In primo luogo, abbiamo riscoperto la nostra finitezza individuale. Non è una percezione nuova. Da sempre ci risuona nelle orecchie l’eco dell’ammonimento a Adamo, nella Genesi 3.19: “…quia pulvis es et in pulverem reverteris”. Ciò che, invece, sembra nuova è l’accelerazione di un processo, che da tempo si è sviluppato in Occidente: quello dell’esorcizzazione e del nascondimento della Morte. Altamente simbolica è la fila di camion dell’Esercito che portano via dal Cimitero di Bergamo le bare dei nostri cari verso posti lontani, sottraendole all’abbraccio dei riti religiosi o civili. Dopo le pesti medievali e moderne, i sopravvissuti non tornavano furiosamente solo ai propri affari; correvano a costruire chiesette, a dipingere Danze macabre, a scolpire nel marmo e nel legno. Era un tentativo estremo di ritessere lo sbrego nell’arazzo delle generazioni, un modo per richiamarle nella storia presente, dopo che i singoli erano stati coperti di calce nelle fosse comuni. Il legame con loro agiva come forza nel presente. Un modo per fare pace con la storia matrigna. Oggi, queste morti senza riti generano una solitudine senza confini dei sopravvisssuti.
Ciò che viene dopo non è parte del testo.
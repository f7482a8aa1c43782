-- ===== src/Hnsw/Neighbors/Chosen.antt =====
-- What selectNeighborsHeuristic chooses: candidates, and no more than m.
use hybrid_vector_cache_hnsw.Common.{
  ℕ, zero, suc, ◌≤◌, ◌≡◌, refl, Bool, true, false, Option, none, some, List, [], ◌∷◌, ◌++◌, arith,
  if◌then◌else◌, length, length-append, get_elem?, ltb, ltb→lt, Bool-cases, inl, inr,
}
use hybrid_vector_cache_hnsw.Common.Run.{ok, ◌>>=◌, or_panic, Returns, Returns-bind, Returns-if}
use hybrid_vector_cache_hnsw.Similarity.{Float, float_less}
use hybrid_vector_cache_hnsw.Heap.{push, pop}
use hybrid_vector_cache_hnsw.Heap.Items.{All, All-append, All-push, Popped, Popped-pop}
use hybrid_vector_cache_hnsw.Hnsw.{Node, Item, cosine_distance, min_less}
use hybrid_vector_cache_hnsw.Hnsw.Layer.{has}
use hybrid_vector_cache_hnsw.Hnsw.Layer.Found.{cosine_distance-total}
use hybrid_vector_cache_hnsw.Hnsw.Neighbors.{
  Working, Choice, no_items, add_item, gather, push_all, backfill, is_useful, choose_one, choose,
  select_from, select_neighbors_heuristic,
}

-- All vectors of a graph have one length.
abbrev pub IsDim : ℕ → List Node → Type 0
IsDim dim nodes = (i : ℕ) (n : Node) → get_elem? nodes i ≡ some n → length n.vector ≡ dim

module _ (Q : ℕ → Type 0) where
  abbrev Named : Item → Type 0
  Named x = Q x.id

  gather-All :
      (xs : List Item) (w : Working)
      → All Named xs
      → All Named w.heap
      → All Named (gather xs w).heap
  unfolding gather
  gather-All [] w a b = b
  gather-All (x ∷ xs) w a b =
      gather-All xs (if has w.seen x.id then w else add_item x w) a.1 (added (has w.seen x.id))
    where
      added : (old : Bool) → All Named (if old then w else add_item x w).heap
      added true = b
      added false = All-push Named min_less x w.heap a.0 b

  push_all-All : (xs h : List Item) → All Named xs → All Named h → All Named (push_all xs h)
  unfolding push_all
  push_all-All [] h a b = b
  push_all-All (x ∷ xs) h a b =
      push_all-All xs (push min_less x h) a.1 (All-push Named min_less x h a.0 b)

  module _ (m : ℕ) where
    abbrev pub IsChosen : List ℕ → Type 0
    IsChosen ids = All Q ids × (length ids ≤ m)

    concat-IsChosen :
        (ids : List ℕ) (i : ℕ)
        → IsChosen ids
        → Q i
        → ltb (length ids) m ≡ true
        → IsChosen (ids ++ i ∷ [])
    concat-IsChosen ids i c q r = (
      All-append Q ids (i ∷ []) c.0 (q, tt),
      omega (arith, length-append ids (i ∷ []), ltb→lt (length ids) m r),
    )

    backfill-IsChosen :
        (fuel : ℕ) (h : List Item) (ids : List ℕ)
        → All Named h
        → IsChosen ids
        → IsChosen (backfill fuel m h ids)
    unfolding backfill
    backfill-IsChosen zero h ids a c = c
    backfill-IsChosen (suc fuel) h ids a c = elim (Bool-cases (ltb (length ids) m)) [
      | inr full ↦ rw full c
      | inl room ↦
          rw room
            (filled (backfill-IsChosen fuel) room (pop min_less h) (Popped-pop Named min_less h a))
    ]
      where
        filled :
            ((g : List Item) (js : List ℕ)
              → All Named g
              → IsChosen js
              → IsChosen (backfill fuel m g js))
            → ltb (length ids) m ≡ true
            → (o : Option (Item × List Item)) → Popped Named o
            → IsChosen
                (elim o [ none ↦ ids | some (x, h') ↦ backfill fuel m h' (ids ++ x.id ∷ []) ])
        filled rec room none b = c
        filled rec room (some (x, h')) b =
            rec h' (ids ++ x.id ∷ []) b.1 (concat-IsChosen ids x.id c b.0 room)

    record IsGood (c : Choice) : Type 0 where
      result : IsChosen c.result
      discarded : All Named c.discarded

    module _ (f : Float) (nodes : List Node) (dim : ℕ) (dims : IsDim dim nodes) where
      is_useful-Returns :
          (vec : List ℕ) (d : ℕ) (ids : List ℕ)
          → length vec ≡ dim
          → Returns (λ b. Unit {0}) (is_useful f nodes vec d ids)
      unfolding is_useful
      is_useful-Returns vec d [] e = tt
      is_useful-Returns vec d (i ∷ ids) e =
          tested (get_elem? nodes i) refl (is_useful-Returns vec d ids e)
        where
          tested :
              (o : Option Node)
              → get_elem? nodes i ≡ o
              → Returns (λ b. Unit {0}) (is_useful f nodes vec d ids)
              → Returns
                  (λ b. Unit {0})
                  (elim o [
                    | none ↦ is_useful f nodes vec d ids
                    | some n ↦ or_panic (cosine_distance f vec n.vector) >>= λ e.
                        if float_less e d then ok false else is_useful f nodes vec d ids
                  ])
          tested none at rest = rest
          tested (some n) at rest =
              let (t, te) = cosine_distance-total f vec n.vector (omega (arith, dims i n at, e)) in
              rw te (
                Returns-if (λ b. Unit {0}) (float_less t d) (ok false) (is_useful f nodes vec d ids)
                  (λ far. tt) (λ near. rest))

      choose_one-IsGood :
          (x : Item) (o : Option Node) (c : Choice)
          → get_elem? nodes x.id ≡ o
          → Q x.id
          → ltb (length c.result) m ≡ true
          → IsGood c
          → Returns IsGood (choose_one f nodes x o c)
      unfolding choose_one
      choose_one-IsGood x none c at q room g = g
      choose_one-IsGood x (some n) c at q room g =
          Returns-bind (λ b. Unit {0}) IsGood (is_useful f nodes n.vector x.dist c.result)
            (λ useful. ok (
              if useful
              then record c { result = c.result ++ x.id ∷ [] }
              else record c { discarded = c.discarded ++ x ∷ [] }))
            (is_useful-Returns n.vector x.dist c.result (dims x.id n at))
            (λ useful _. chosen useful)
        where
          chosen :
              (useful : Bool)
              → IsGood (
                  if useful
                  then record c { result = c.result ++ x.id ∷ [] }
                  else record c { discarded = c.discarded ++ x ∷ [] })
          chosen true = record {
            result = concat-IsChosen c.result x.id g.result q room;
            discarded = g.discarded;
          }
          chosen false = record {
            result = g.result;
            discarded = All-append Named c.discarded (x ∷ []) g.discarded (q, tt);
          }

      choose-IsGood :
          (fuel : ℕ) (h : List Item) (c : Choice)
          → All Named h
          → IsGood c
          → Returns IsGood (choose f nodes fuel m h c)
      unfolding choose
      choose-IsGood zero h c a g = g
      choose-IsGood (suc fuel) h c a g = elim (Bool-cases (ltb (length c.result) m)) [
        | inr full ↦ rw full g
        | inl room ↦
            rw room
              (going (choose-IsGood fuel) room (pop min_less h) (Popped-pop Named min_less h a))
      ]
        where
          going :
              ((g : List Item) (d : Choice)
                → All Named g
                → IsGood d
                → Returns IsGood (choose f nodes fuel m g d))
              → ltb (length c.result) m ≡ true
              → (o : Option (Item × List Item)) → Popped Named o
              → Returns IsGood (elim o [
                | none ↦ ok c
                | some (x, h') ↦
                    choose_one f nodes x (get_elem? nodes x.id) c >>= choose f nodes fuel m h'
              ])
          going rec room none b = g
          going rec room (some (x, h')) b =
              Returns-bind IsGood IsGood (choose_one f nodes x (get_elem? nodes x.id) c)
                (choose f nodes fuel m h')
                (choose_one-IsGood x (get_elem? nodes x.id) c refl b.0 room g)
                (λ d e. rec h' d b.1 e)

      -- selectNeighborsHeuristic, as Insert calls it, returns on vectors of one length, and chooses at
      -- most m ids, all of them ids of candidates.
      pub select_neighbors-IsChosen :
          (query : List ℕ) (candidates : List Item) (layer : ℕ)
          → All Named candidates
          → Returns IsChosen
              (select_neighbors_heuristic f nodes query candidates m layer false true)
      unfolding select_neighbors_heuristic select_from
      select_neighbors-IsChosen query [] layer a = (tt, omega arith)
      select_neighbors-IsChosen query (x ∷ xs) layer a =
          let w = gather (x ∷ xs) no_items in
          let none_yet : Choice = record { result = []; discarded = [] } in
          Returns-bind IsGood IsChosen (choose f nodes (length w.heap) m w.heap none_yet)
            (λ c.
              ok (backfill (length (push_all c.discarded [])) m (push_all c.discarded []) c.result))
            (choose-IsGood (length w.heap) w.heap none_yet (gather-All (x ∷ xs) no_items a tt)
              (record { result = (tt, omega arith); discarded = tt }))
            (λ c g.
              backfill-IsChosen (length (push_all c.discarded [])) (push_all c.discarded [])
                c.result (push_all-All c.discarded [] g.discarded tt) g.result)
In secondo luogo, il Covid-19 globale ci ha gettato in faccia la finitudine radicale della specie Homo sapiens. Finitezza è un fatto, finitudine è una possibilità di finire. Siamo stati abituati a presuppore che sì, l’individuo è mortale, l’umanità no. “Finitudine” significa che la specie umana non è necessaria al Pianeta, se non costruisce le condizioni di possibilità della propria esistenza.

Il Covid-19 è un errore umano. E’ probabile che riusciamo ancora una volta a vincere la guerra biologica scatenata dal virus contro di noi, ma la possibilità di una “crisi biotica dell’Olocene”, come teme Yuval Harari, va messa in conto.  Mentre la specie “sapiens” sogna, come Pico della Mirandola, di un uomo senza limiti e insegue trans-umanismi e post-umanismi, ingegnerie genetiche, nanobiotecnologie e Intelligenze artificiali, è forse necessario che essa incominci a elaborare un’etica di specie, in cui un nuovo rapporto con il Pianeta – che è il corpo dell’umanità – diventi oggetto di un imperativo categorico.